# Ceiling Fan Light Works, Fan Doesn't



## ineedhelp1 (Mar 20, 2012)

So this morning I threw a blanket to my bed, but it hit the pull switch, and the pull switch got in the fan (I _think_ thats what happend, could just be the blanket made something loose). Now the fan light works, and when I turn the switch on from the outlet, I can hear the electricity surging, but the fan doesn't turn, even when I use the pull switch. Thanks for the help!


----------



## joecaption (Nov 30, 2011)

The switch to contol the fan is a cheap plastic one and often go bad.
Kill the breaker to that fixture, remove the light kit and the see who many wires are on the fan switch and go buy one whith the same number of wires.
When replacing only undo one wire at a time to make sure you do not get the wires crossed.


----------



## ineedhelp1 (Mar 20, 2012)

But why would I buy a light kit if the fans broken?
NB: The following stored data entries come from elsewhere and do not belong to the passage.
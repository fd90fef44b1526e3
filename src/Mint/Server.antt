-- ===== src/Mint/Server.antt =====
-- Transactions: picomint-core/src/tx.rs and wire.rs, and `process_tx` with its dispatch in
-- picomint-node-daemon/src/consensus/server.rs. The operations of the
-- onchain module are arguments, which Onchain/Module fills.
use picomint.Prelude.{
  ℕ, ◌+◌, Bool, true, false, not, Option, none, some, List, [], ◌∷◌, length, ltb, ◌==◌, ◌>>=◌,
  if◌then◌else◌,
}
use picomint.Mint.Amounts.{from_sat}
use picomint.Mint.Funding.{FundingVerifier, no_funds, add_input, add_output, verify_funding}
use picomint.Mint.Ledger.{
  EcashInput, EcashOutput, LightningInput, LightningOutput, ecash_input_fee, ecash_output_fee,
  lightning_input_fee, lightning_output_fee, OutPoint, Ledger, Scheme, Keys, Result, ok, err,
}
use picomint.Mint.Ecash.{
  EcashInputError, EcashOutputError, process_ecash_input, process_ecash_output,
}
use picomint.Mint.Lightning.{
  LightningInputError, LightningOutputError, process_lightning_input, process_lightning_output,
}
use picomint.Mint.Onchain.Values.{OnchainInputError, OnchainOutputError}

pub data WireInput (I : Type 0) : Type 0 where
  ecash_input : EcashInput → WireInput I
  onchain_input : I → WireInput I
  lightning_input : LightningInput → WireInput I

pub data WireOutput (O : Type 0) : Type 0 where
  ecash_output : EcashOutput → WireOutput O
  onchain_output : O → WireOutput O
  lightning_output : LightningOutput → WireOutput O

pub record Transaction (I O : Type 0) : Type 0 where
  pub inputs : List (WireInput I)
  pub outputs : List (WireOutput O)
  pub signatures : List ℕ

-- `wire::InputError` and `wire::OutputError`
pub data InputError : Type 0 where
  of_ecash_input : EcashInputError → InputError
  of_onchain_input : OnchainInputError → InputError
  of_lightning_input : LightningInputError → InputError

pub data OutputError : Type 0 where
  of_ecash_output : EcashOutputError → OutputError
  of_onchain_output : OnchainOutputError → OutputError
  of_lightning_output : LightningOutputError → OutputError

pub data TxError : Type 0 where
  empty_inputs : TxError
  empty_outputs : TxError
  too_many_inputs : TxError
  too_many_outputs : TxError
  underfunded : TxError
  overflow : TxError
  invalid_witness_length : TxError
  invalid_signature : TxError
  invalid_input : InputError → TxError
  invalid_output : OutputError → TxError

-- The operations of picomint-node-daemon/src/consensus/onchain/mod.rs on its own tables `S`. `none` is a
-- failed assertion.
pub record Onchain (S I O : Type 0) : Type 0 where
  pub process_input : S → I → Option (Result OnchainInputError ((ℕ × ℕ) × S))
  pub process_output : S → O → OutPoint → Option (Result OnchainOutputError (ℕ × S))

abbrev pub max_inputs : ℕ
max_inputs = 1024

abbrev pub max_outputs : ℕ
max_outputs = 1024

abbrev pub onchain_input_fee : ℕ
onchain_input_fee = from_sat 10

abbrev pub onchain_output_fee : ℕ
onchain_output_fee = from_sat 10

abbrev pub input_fee : {I : Type 0} → WireInput I → ℕ
input_fee (ecash_input i) = ecash_input_fee
input_fee (onchain_input i) = onchain_input_fee
input_fee (lightning_input i) = lightning_input_fee

abbrev pub output_fee : {O : Type 0} → WireOutput O → ℕ
output_fee (ecash_output o) = ecash_output_fee
output_fee (onchain_output o) = onchain_output_fee
output_fee (lightning_output o) = lightning_output_fee

-- All tables that a transaction may change.
pub record Books (S : Type 0) : Type 0 where
  pub ledger : Ledger
  pub onchain : S

-- The loop of `validate_signatures`.
unfoldable pub check_signatures : (ℕ → ℕ → Bool) → List ℕ → List ℕ → Bool
check_signatures verify [] signatures = true
check_signatures verify (pk ∷ pks) [] = true
check_signatures verify (pk ∷ pks) (s ∷ signatures) =
    if not (verify s pk) then false else check_signatures verify pks signatures

-- A handler's answer on its own tables, as an answer on all tables; `wrap` is what `map_err` does with
-- its error.
abbrev pub lift :
    {E A B S : Type 0}
    → (E → TxError)
    → (B → Books S)
    → Result E (A × B)
    → Result TxError (A × Books S)
lift wrap put (ok r) = ok (r.0, put r.1)
lift wrap put (err e) = err (wrap e)

module _ {S I O : Type 0} (scheme : Scheme) (keys : Keys) (onchain : Onchain S I O)
    (txid_of : List (WireInput I) → List (WireOutput O) → ℕ) where
  unfoldable pub process_input : Books S → WireInput I → Option (Result TxError ((ℕ × ℕ) × Books S))
  process_input b (ecash_input i) = some (
      lift (λ e. invalid_input (of_ecash_input e)) (λ l. record b { ledger = l })
        (process_ecash_input scheme keys b.ledger i))
  process_input b (onchain_input i) = onchain.process_input b.onchain i >>= λ r.
      some (lift (λ e. invalid_input (of_onchain_input e)) (λ s. record b { onchain = s }) r)
  process_input b (lightning_input i) = process_lightning_input scheme b.ledger i >>= λ r.
      some (lift (λ e. invalid_input (of_lightning_input e)) (λ l. record b { ledger = l }) r)

  unfoldable pub process_output :
      Books S → WireOutput O → OutPoint → Option (Result TxError (ℕ × Books S))
  process_output b (ecash_output o) p = some (
      lift (λ e. invalid_output (of_ecash_output e)) (λ l. record b { ledger = l })
        (process_ecash_output scheme keys b.ledger o p))
  process_output b (onchain_output o) p = onchain.process_output b.onchain o p >>= λ r.
      some (lift (λ e. invalid_output (of_onchain_output e)) (λ s. record b { onchain = s }) r)
  process_output b (lightning_output o) p = some (
      lift (λ e. invalid_output (of_lightning_output e)) (λ l. record b { ledger = l })
        (process_lightning_output scheme b.ledger o p))

  -- The first loop of `process_tx`: the keys that the inputs want a signature of, in order.
  unfoldable pub process_inputs :
      Books S
      → FundingVerifier
      → List (WireInput I)
      → Option (Result TxError ((FundingVerifier × List ℕ) × Books S))
  process_inputs b v [] = some (ok ((v, []), b))
  process_inputs b v (i ∷ inputs) = process_input b i >>= λ r. elim r [
    | err e ↦ some (err e)
    | ok x ↦ elim (add_input v x.0.0 (input_fee i)) [
      | none ↦ some (err overflow)
      | some v' ↦ process_inputs x.1 v' inputs >>= λ s. elim s [
        | err e ↦ some (err e)
        | ok y ↦ some (ok ((y.0.0, x.0.1 ∷ y.0.1), y.1))
      ]
    ]
  ]

  -- The second loop, from the index of the next output.
  unfoldable pub process_outputs :
      Books S
      → FundingVerifier
      → ℕ
      → ℕ
      → List (WireOutput O)
      → Option (Result TxError (FundingVerifier × Books S))
  process_outputs b v txid out_idx [] = some (ok (v, b))
  process_outputs b v txid out_idx (o ∷ outputs) = process_output b o (txid, out_idx) >>= λ r.
      elim r [
        | err e ↦ some (err e)
        | ok x ↦ elim (add_output v x.0 (output_fee o)) [
          | none ↦ some (err overflow)
          | some v' ↦ process_outputs x.1 v' txid (out_idx + 1) outputs
        ]
      ]

  abbrev pub settle : FundingVerifier → Books S → Result TxError (Books S)
  settle v b = elim (verify_funding v) [
    | none ↦ err overflow
    | some enough ↦ if enough then ok b else err underfunded
  ]

  -- `process_tx` from `validate_signatures` on.
  unfoldable pub finish_tx :
      FundingVerifier → List ℕ → Books S → Transaction I O → Option (Result TxError (Books S))
  finish_tx v pks b tx =
      let txid = txid_of tx.inputs tx.outputs in
      if not (length pks == length tx.signatures)
      then some (err invalid_witness_length)
      else if not (check_signatures (λ s pk. scheme.schnorr_verify s txid pk) pks tx.signatures)
      then some (err invalid_signature)
      else process_outputs b v txid 0 tx.outputs >>= λ r. elim r [
        | err e ↦ some (err e)
        | ok y ↦ some (settle y.0 y.1)
      ]

  -- `none` is a failed `expect`.
  unfoldable pub process_tx : Books S → Transaction I O → Option (Result TxError (Books S))
  process_tx b tx =
      if length tx.inputs == 0
      then some (err empty_inputs)
      else if length tx.outputs == 0
      then some (err empty_outputs)
      else if ltb max_inputs (length tx.inputs)
      then some (err too_many_inputs)
      else if ltb max_outputs (length tx.outputs)
      then some (err too_many_outputs)
      else if not (length tx.signatures == length tx.inputs)
      then some (err invalid_witness_length)
      else process_inputs b no_funds tx.inputs >>= λ r. elim r [
        | err e ↦ some (err e)
        | ok x ↦ finish_tx x.0.0 x.0.1 x.1 tx
      ]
Or am I getting my terms mixed up? Sorry, I am not much of a handyman. Also the pull switch that (may or may not) have gotten stuck in the fan was the light pull switch, and the light can still be controlled and works.


----------



## joecaption (Nov 30, 2011)

I never siad to replace the light kit. To get to the fan switch you have to remove the light housing, and the cover or trim ring housing the fan switch.
There's 3 switchs in a ceiling fan in most cases, one with two wires for the light, another one with 2 wires to change the direction of the fan, and the one I'm suggesting you replace and one with several wires to control the fan speed.


----------